A view of the beautiful doorway at the new Brunswick Room was shown, and this the Lecturer said would look beautiful every time the sun shone upon it. He then ran along Baxtergate and pointed out that the fine carving on the Post Office and new bank was lost through being on the shady side of the street.
After some humorous remarks about the lampposts in the town, he said they ought be truly thankful that the country was not occupied by townspeople, or they would not have had a tree left; if the country people had a fault it was that they seldom planted a new tree, even if a tree died or was blown down, they did not replace it with a young one. Thousands of people came here every year, rather for the beauty of the surrounding country than the enjoyment of the niggers (sic) on the sands, or the round-about on the Abbey Plain.
The country about them owed its beauty to the fact that it had been left alone. How many thousands would go up to Glaisdale to look at Beggar's Bridge, if it were a modern iron one ? - not half-a-dozen. Yet, one heard that this old link of the past was to be removed, because it was not wide enough for a coach and four. If the Bridge was unsafe, by all means improve the ford or build a new bridge higher up the stream ; but to pull down this Beggar's Bridge would be unpardonable vandalism.
Several pictures of fishermen and fisherwomen were shown, the lecturer suggesting how much more picturesque the men appeared in sou'westers, and the women with shawls over their heads, or sun bonnets.

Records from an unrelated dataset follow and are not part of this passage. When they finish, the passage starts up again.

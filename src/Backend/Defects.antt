-- ===== src/Backend/Defects.antt =====
-- Where SendFile of BackendImpl.cpp does not do what it is meant to.
use andromeda_desktop_client.Common.{
  ℕ, zero, suc, ◌/◌, ◌≤◌, ◌<◌, ◌≡◌, refl, ◌∙◌, ap, Bool, true, false, List, [], arith, length,
}
use andromeda_desktop_client.Backend.Uploads.{
  from_string, Request, Reply, too_large, Stream, streamed, exceeded, endless, Sent, looping,
  stream, answered, round, send_file,
}
use andromeda_desktop_client.Backend.Streams.{Reads, stream-Reads}

module _ (has_upload : Bool) (offset : ℕ) (xs : List ℕ) (buflen : ℕ) where
  -- A server that refuses every request as too large, and a text of at most one byte: without a
  -- limit on the size, SendFile tries again without end.
  pub send_file-looping :
      (fuel depth k id : ℕ)
      → 0 < buflen
      → length xs < depth
      → length xs ≤ 1
      → send_file
          (from_string xs)
          buflen
          false
          has_upload
          offset
          (λ (j : ℕ) (r : Request). too_large 0)
          fuel
          depth
          k
          []
          0
          id
          0
        ≡ looping
  unfolding send_file answered
  send_file-looping zero depth k id pos deep short = refl
  send_file-looping (suc fuel) depth k id pos deep short =
      go (stream (from_string xs) buflen false depth 0 0 0 true)
        (stream-Reads xs buflen 0 0 false depth 0 pos (omega arith) (omega (arith, deep)))
        (λ m e.
          ap
            (λ t.
              send_file (from_string xs) buflen false has_upload offset
                (λ (j : ℕ) (r : Request). too_large 0) fuel depth (suc k) [] t id 0)
            e
          ∙ send_file-looping fuel depth (suc k) id pos deep short)
    where
      server : ℕ → Request → Reply
      server j r = too_large 0

      next : List Request → ℕ → ℕ → ℕ → Sent
      next = send_file (from_string xs) buflen false has_upload offset server fuel depth (suc k)

      go :
          (st : Stream)
          → Reads xs buflen 0 0 false 0 st
          → ((m : ℕ) → m ≡ 0 → next [] m id 0 ≡ looping)
          → round (from_string xs) buflen false has_upload offset server k next [] 0 id 0 st
            ≡ looping
      go endless h ih = refl
      go exceeded (o, p, q) ih = absurd (omega (arith, p))
      go (streamed bs cont) (here, inside, all, more, bound, nonempty) ih =
          ih (length bs / 2) (omega (arith, inside, short))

After reference had been made to some choice bits of country scenery round about Whitby, which were thrown on the screen, the lecturer said there was one thing which the natives of Whitby did not see so much beauty in as dwellers inland did. He meant the sea. In fact, it was difficult to enter into the feelings of inland people with regard to the sea. If they could only spend say a year in prison, and be shut out from the sight and sound of the sea they might feel, on their release, the wonderful companionship of the sea. They must have noticed how people from inland towns went as near to the sea as possible when they first approached it; most of them went into it, and many sat on the sands all day long looking and listening to the bursting of bubbles of air as the breakers rolled over and over. (Several seascapes were shown, also a sign post on the moors.)
Mr. Sutcliffe concluded by saying that beauty was to found everywhere, if they only looked for it. Even in the most barren place very often all they had to do was to raise their eyes from the ground, and the heavens at once declared the glory of God. (Loud applause.)
About fifty pictures were thrown upon the screen during the evening, some of these being reproductions of Mr. Sutcliffe's famous pictures, notably the big wave at the West Pier end, Beggar's Bridge (in winter), the Sign Post on the Moor, &c.
The lantern was ably manipulated by Messrs. A. McNiel and T. Adamson.
The Rev. G. M. STORRAR, in proposing a hearty vote of thanks to Mr. Sutcliffe for his lecture, said Whitby owed a debt of gratitude to that gentleman for his beautiful advertisements of the town and district by means of his photographs. He trusted that some of the remarks they had listened to would be borne in mind and that in their improvements the natural beauties of the town might have consideration.
Mr. J. REED seconded the vote, and it was carried with acclamation.
Mr. SUTCLIFFE, in acknowledgment, said he hoped at some future time to have another opportunity of addressing them.